The wisest man who ever lived and ever will live (Solomon) said, “The fear of the Lord is the beginning of wisdom, and the knowledge of the holy one is understanding.” - Proverbs 9:10.

 

 

Socrates famously said, “To be wise, one must know thyself.”

 

John Calvin said, “Nearly all wisdom we possess, that is to say, true and sound wisdom, consists in two parts: the knowledge of God and ourselves” (Institutes, 1.1.1).

 

One of our struggles today is the notion that we must “feel good” above all else.  This prevents us from experiencing any meaningful comparison to the perfect plumb line i.e., Jesus.  In the words of Calvin, “As long as we do not look beyond the earth, being quite content with our own righteousness, wisdom, and virtue, we flatter ourselves most sweetly, and fancy ourselves all but demigods” (Institutes 1.1.1).

 

A word that doesn’t get much traction today is repentance.  It means to feel regret for one’s rebellious actions and turn toward God’s way of life.  Jesus and the New Testament writers emphasized repentance (Matt. 3:2, 4:17, Mark 1:15, 2:17, 6:12, Luke 5:32, 13:3, 13:5).  Repentance focuses us on the reality of our condition, that we (and by we I mean everyone) are not righteous (see Romans 3:10).  John the Baptist condemned the self-righteous Pharisees and Sadducees saying, “You brood of vipers!  Who warned you to flee from the wrath to come?

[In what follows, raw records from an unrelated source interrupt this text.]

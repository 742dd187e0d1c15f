-- ===== src/Familias.antt =====
-- The families of versions of bench/perfil_dataset.py: `montar_cadeias`, `etapa_familias` and
-- `alocar_pares`. The keys of the three modes and the natural order of the paths, which the source
-- computes with regular expressions, are arguments: what is proved holds for all of them. The
-- tolerance on the sizes is a ratio `num / den` (3 / 2 by default).
pub mod Contagem
pub mod Cadeias
pub mod Etapa
pub mod Pares
pub mod Cotas
mod Tests
use engine_motor.Prelude.{
  ℕ, zero, suc, ◌+◌, ◌-◌, ◌*◌, ◌/◌, min, max, Bool, true, false, not, ◌&&◌, ◌||◌, Option, none,
  some, List, [], ◌∷◌, ◌++◌, length, ltb, leb, ◌==◌, if◌then◌else◌,
}
use engine_motor.Colecoes.{ordenar, agrupar}

-- The fields of `Arq` that the stage reads and writes; `legivel` stands for `legivel(a)`.
pub record Ficha : Type 0 where
  pub i : ℕ
  pub tam : ℕ
  pub legivel : Bool
  pub redundante : Bool
  pub familia : Option ℕ
  pub base : Bool

-- The three keys of `chave_familia`.
pub data Modo : Type 0 where
  por_nome por_radical por_radical_e_diretorio : Modo

-- `max(a.tam, ant.tam) <= tol * min(a.tam, ant.tam)`.
unfoldable pub proximo : ℕ → ℕ → Ficha → Ficha → Bool
proximo num den ant a = leb (max a.tam ant.tam * den) (num * min a.tam ant.tam)

module _ {ℓ} {K : Type ℓ} where
  -- `if len(cadeia) >= 2: achadas.append((chave, cadeia))`.
  unfoldable pub fechar : K → List Ficha → List (K × List Ficha) → List (K × List Ficha)
  fechar chave cadeia achadas =
      if leb 2 (length cadeia) then achadas ++ (chave, cadeia) ∷ [] else achadas

  -- The body of `for a in membros[1:]`: the chain goes on, or is closed and another begins.
  unfoldable pub avancar :
      Bool → K → Ficha → List Ficha → List (K × List Ficha) → List Ficha × List (K × List Ficha)
  unfolding fechar
  avancar true chave a cadeia achadas = (cadeia ++ a ∷ [], achadas)
  avancar false chave a cadeia achadas = (a ∷ [], fechar chave cadeia achadas)

  module _ (num den : ℕ) where
    -- The loop; `ant` is the last of the chain.
    unfoldable pub encadear :
        K → Ficha → List Ficha → List Ficha → List (K × List Ficha) → List (K × List Ficha)
    unfolding avancar proximo fechar
    encadear chave ant cadeia [] achadas = fechar chave cadeia achadas
    encadear chave ant cadeia (a ∷ ms) achadas =
        let (cadeia', achadas') = avancar (proximo num den ant a) chave a cadeia achadas in
        encadear chave a cadeia' ms achadas'

    -- One group, in its order.
    unfoldable pub encadear_grupo : K → List Ficha → List (K × List Ficha) → List (K × List Ficha)
    unfolding encadear
    encadear_grupo chave [] achadas = achadas
    encadear_grupo chave (m ∷ ms) achadas = encadear chave m (m ∷ []) ms achadas

    module _ (antes : Ficha → Ficha → Bool) where
      unfoldable pub montar_cadeias_de :
          List (K × List Ficha) → List (K × List Ficha) → List (K × List Ficha)
      unfolding encadear_grupo ordenar
      montar_cadeias_de [] achadas = achadas
      montar_cadeias_de ((chave, membros) ∷ gs) achadas = montar_cadeias_de gs (
          if ltb (length membros) 2
          then achadas
          else encadear_grupo chave (ordenar antes membros) achadas)

      unfoldable pub montar_cadeias : List (K × List Ficha) → List (K × List Ficha)
      unfolding montar_cadeias_de
      montar_cadeias grupos = montar_cadeias_de grupos []

-- `a.i in usados`, for the members of the chains.
unfoldable pub contem : ℕ → List Ficha → Bool
contem n [] = false
contem n (a ∷ ms) = (a.i == n) || contem n ms

unfoldable pub usado {ℓ} : {K : Type ℓ} → ℕ → List (K × List Ficha) → Bool
unfolding contem
usado n [] = false
usado n ((k, c) ∷ fs) = contem n c || usado n fs

-- `[a for a in livres if a.i not in usados]`.
unfoldable pub sem_usados {ℓ} : {K : Type ℓ} → List (K × List Ficha) → List Ficha → List Ficha
unfolding usado
sem_usados fs [] = []
sem_usados fs (a ∷ ms) = let resto = sem_usados fs ms in if usado a.i fs then resto else a ∷ resto

-- The files that the stage starts from.
unfoldable pub livres : List Ficha → List Ficha
livres [] = []
livres (a ∷ ms) =
    let resto = livres ms in
    if ltb 0 a.tam && (a.legivel && not a.redundante) then a ∷ resto else resto

-- `f[1][0].i`; a family is not empty.
unfoldable pub primeiro : List Ficha → ℕ
primeiro [] = 0
primeiro (a ∷ ms) = a.i

-- `a.familia = k; a.base = j == 0` in the file of that index.
unfoldable pub marcar : ℕ → Bool → ℕ → List Ficha → List Ficha
marcar n cabeca k [] = []
marcar n cabeca k (f ∷ fs) =
    (if f.i == n then record f { familia = some k; base = cabeca } else f) ∷ marcar n cabeca k fs

unfoldable pub marcar_cadeia : Bool → ℕ → List Ficha → List Ficha → List Ficha
unfolding marcar
marcar_cadeia cabeca k [] fs = fs
marcar_cadeia cabeca k (a ∷ ms) fs = marcar_cadeia false k ms (marcar a.i cabeca k fs)

unfoldable pub marcar_familias {ℓ} :
    {K : Type ℓ} → ℕ → List (K × List Ficha) → List Ficha → List Ficha
unfolding marcar_cadeia
marcar_familias k [] fs = fs
marcar_familias k ((chave, c) ∷ cs) fs = marcar_familias (suc k) cs (marcar_cadeia true k c fs)

-- The arguments of the stage that the source computes from the names.
pub record Regras {ℓ} (K : Type ℓ) : Type ℓ where
  pub igual : K → K → Bool
  pub chave : Modo → Ficha → K
  pub antes : Ficha → Ficha → Bool
  pub num : ℕ
  pub den : ℕ

module _ {ℓ} {K : Type ℓ} (r : Regras K) where
  -- The body of `for modo in ("A", "B", "C")`.
  unfoldable pub rodada :
      Modo → List (K × List Ficha) × List Ficha → List (K × List Ficha) × List Ficha
  unfolding montar_cadeias agrupar sem_usados
  rodada modo (familias, ls) =
      let achadas = montar_cadeias r.num r.den r.antes (agrupar r.igual (r.chave modo) ls []) in
      (familias ++ achadas, sem_usados achadas ls)

  -- The families in the order of their first member.
  unfoldable pub familias_de : List Ficha → List (K × List Ficha)
  unfolding rodada livres ordenar primeiro
  familias_de arquivos =
      let (familias, ls) =
        rodada por_radical_e_diretorio
          (rodada por_radical (rodada por_nome ([], livres arquivos))) in
      ordenar (λ f g. leb (primeiro f.1) (primeiro g.1)) familias

  -- `etapa_familias`: the families, and the files with their marks.
  unfoldable pub etapa_familias : List Ficha → List (K × List Ficha) × List Ficha
  unfolding familias_de marcar_familias
  etapa_familias arquivos =
      let familias = familias_de arquivos in (familias, marcar_familias 0 familias arquivos)
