-- ===== src/Familias/Cadeias.antt =====
-- The chains of `montar_cadeias` in bench/perfil_dataset.py.
use engine_motor.Prelude.{
  ℕ, ◌*◌, ◌≤◌, max, min, ◌≡◌, refl, Bool, true, false, Bool-cases, inl, inr, List, [], ◌∷◌, ◌++◌,
  length, All, All-append, ltb, leb, leb→le, arith,
}
use native.Mathlib.Nat.{
  min-le_left, min-le_right, le-max_left, le-max_right, mul-le-mul_left, mul-le-mul_right,
}
use engine_motor.Familias.{
  Ficha, proximo, fechar, avancar, encadear, encadear_grupo, montar_cadeias_de, montar_cadeias,
}
use engine_motor.Colecoes.{ordenar}

module _ (num den : ℕ) where
  -- Neither file is more than `num / den` times as large as the other.
  abbrev pub IsClose : Ficha → Ficha → Type 0
  IsClose ant a = (a.tam * den ≤ num * ant.tam) × (ant.tam * den ≤ num * a.tam)

  proximo-IsClose : (ant a : Ficha) → proximo num den ant a ≡ true → IsClose ant a
  unfolding proximo
  proximo-IsClose ant a p =
      let big = max a.tam ant.tam in
      let small = min a.tam ant.tam in
      let h = leb→le (big * den) (num * small) p in
      (
        omega (
          arith,
          h,
          mul-le-mul_right den (le-max_left a.tam ant.tam),
          mul-le-mul_left num (min-le_right a.tam ant.tam),
        ),
        omega (
          arith,
          h,
          mul-le-mul_right den (le-max_right a.tam ant.tam),
          mul-le-mul_left num (min-le_left a.tam ant.tam),
        ),
      )

  -- Each member from the second on is close to the one before it, `ant` to begin with.
  abbrev pub IsNear : Ficha → List Ficha → Type 0
  IsNear ant [] = Unit
  IsNear ant (a ∷ ms) = IsClose ant a × IsNear a ms

  abbrev pub IsRun : List Ficha → Type 0
  IsRun [] = Unit
  IsRun (a ∷ ms) = IsNear a ms

  -- The last member of a list that begins with `a`.
  abbrev pub ultimo : Ficha → List Ficha → Ficha
  ultimo a [] = a
  ultimo a (b ∷ ms) = ultimo b ms

  abbrev pub EndsWith : Ficha → List Ficha → Type 0
  EndsWith ant [] = ⊥
  EndsWith ant (a ∷ ms) = ultimo a ms ≡ ant

  -- A chain that is kept.
  abbrev pub IsChain {ℓ} : {K : Type ℓ} → K × List Ficha → Type 0
  IsChain f = (2 ≤ length f.1) × IsRun f.1

  IsNear-snoc :
      (first a : Ficha) (ms : List Ficha)
      → IsNear first ms
      → IsClose (ultimo first ms) a
      → IsNear first (ms ++ a ∷ [])
  IsNear-snoc first a [] h p = (p, tt)
  IsNear-snoc first a (m ∷ ms) h p = (h.0, IsNear-snoc m a ms h.1 p)

  ultimo-snoc : (first a : Ficha) (ms : List Ficha) → ultimo first (ms ++ a ∷ []) ≡ a
  ultimo-snoc first a [] = refl
  ultimo-snoc first a (m ∷ ms) = ultimo-snoc m a ms

  -- The chain in hand: a run that ends with `ant`.
  abbrev IsOpen : Ficha → List Ficha → Type 0
  IsOpen ant c = EndsWith ant c × IsRun c

  module _ {ℓ} {K : Type ℓ} where
    fechar-All :
        (k : K) (c : List Ficha) (fs : List (K × List Ficha))
        → IsRun c
        → All IsChain fs
        → All IsChain (fechar k c fs)
    unfolding fechar
    fechar-All k c fs h ok = elim (Bool-cases (leb 2 (length c))) [
      | inl e ↦ rw e (All-append IsChain fs ((k, c) ∷ []) ok ((leb→le 2 (length c) e, h), tt))
      | inr e ↦ rw e ok
    ]

    avancar-All :
        (b : Bool) (k : K) (ant a : Ficha) (c : List Ficha) (fs : List (K × List Ficha))
        → proximo num den ant a ≡ b
        → IsOpen ant c
        → All IsChain fs
        → let r = avancar b k a c fs in IsOpen a r.0 × All IsChain r.1
    unfolding avancar
    avancar-All true k ant a [] fs p h ok = elim h.0 [ ]
    avancar-All true k ant a (m ∷ ms) fs p h ok =
        ((ultimo-snoc m a ms, IsNear-snoc m a ms h.1 (rw h.0 (proximo-IsClose ant a p))), ok)
    avancar-All false k ant a c fs p h ok = ((refl, tt), fechar-All k c fs h.1 ok)

    encadear-All :
        (k : K) (ant : Ficha) (c ms : List Ficha) (fs : List (K × List Ficha))
        → IsOpen ant c
        → All IsChain fs
        → All IsChain (encadear num den k ant c ms fs)
    unfolding encadear
    encadear-All k ant c [] fs h ok = fechar-All k c fs h.1 ok
    encadear-All k ant c (a ∷ ms) fs h ok =
        let (c', fs') = avancar (proximo num den ant a) k a c fs in
        let next = avancar-All (proximo num den ant a) k ant a c fs refl h ok in
        encadear-All k a c' ms fs' next.0 next.1

    encadear_grupo-All :
        (k : K) (ms : List Ficha) (fs : List (K × List Ficha))
        → All IsChain fs
        → All IsChain (encadear_grupo num den k ms fs)
    unfolding encadear_grupo
    encadear_grupo-All k [] fs ok = ok
    encadear_grupo-All k (m ∷ ms) fs ok = encadear-All k m (m ∷ []) ms fs (refl, tt) ok

    module _ (antes : Ficha → Ficha → Bool) where
      montar_cadeias_de-All :
          (gs fs : List (K × List Ficha))
          → All IsChain fs
          → All IsChain (montar_cadeias_de num den antes gs fs)
      unfolding montar_cadeias_de
      montar_cadeias_de-All [] fs ok = ok
      montar_cadeias_de-All ((k, ms) ∷ gs) fs ok = elim (Bool-cases (ltb (length ms) 2)) [
        | inl e ↦ rw e (montar_cadeias_de-All gs fs ok)
        | inr e ↦ rw e (
            montar_cadeias_de-All gs (encadear_grupo num den k (ordenar antes ms) fs)
              (encadear_grupo-All k (ordenar antes ms) fs ok))
      ]

      pub montar_cadeias-All :
          (gs : List (K × List Ficha)) → All IsChain (montar_cadeias num den antes gs)
      unfolding montar_cadeias
      montar_cadeias-All gs = montar_cadeias_de-All gs [] tt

Bear fruits in keeping with repentance” (Luke 3:7-8).  This is not confined to the New Testament.  Isaiah 64:6 says, “All of us have become like one who is unclean, and all our righteous acts are like filthy rags...”  Our efforts to save ourselves through good deeds are worthless.  The whole of Scripture clearly points to the work of Jesus Christ, and Christ alone as that which saves us from eternity apart from God.  

 

Solomon said, “And I saw that all toil and all achievement spring from one person’s envy of another” (Ecclesiastes 4:4).  In other words, his wisdom written 3,000 years ago is just as relevant today as ever.  God inspired Solomon to tell all humans, “Quit keeping up with the Joneses.”  It’s not just a reference to competition for achievement, but it’s living in such a way that you compare yourself to the way others live.  God calls us to compare our lives to the life of Christ, because Jesus is the only perfect one who can pay for our sin.  As long as we compare ourselves to others, we deceive ourselves into a false sense of wholeness.  Once again, Calvin is helpful on this point:

 

...we cannot seriously aspire to him before we begin to become displeased with ourselves.  For what man in all the world would not gladly remain as he is-what man does not remain as he is -so long as he does not know himself, that is, while content with his own gifts, and either ignorant or unmindful of his own misery? (Institutes, 1.1.1)

 

The Psalmist offers us a plan to pursue wisdom, to become truly “displeased” with oneself-truly mindful of our own misery-so we can live and rest in the righteousness of Christ when he writes, “Search me, O God, and know my heart! Try me and know my thoughts! And see if there be any grievous way in me, and lead me in the way everlasting! (Psalm 139:23-24)”

 

It’s analogous to the E.R. patient with a GSW (Thanks to my faithful viewing of E.R. in the 90s, I know that means Gunshot Wound) and the surgeon must plunge his knife deep into the muscle and past bone, probing to find and extract the offending object.  

 

May we daily invite God, the great surgeon to probe the depths of our soul, revealing our true sin nature, hoping for deliverance from its effect.  May we recognize that our Heavenly Father is good, and surrender ourselves into His loving hands, knowing when His work is complete, He’ll apply the salve of grace to heal our wound so we might flourish in life.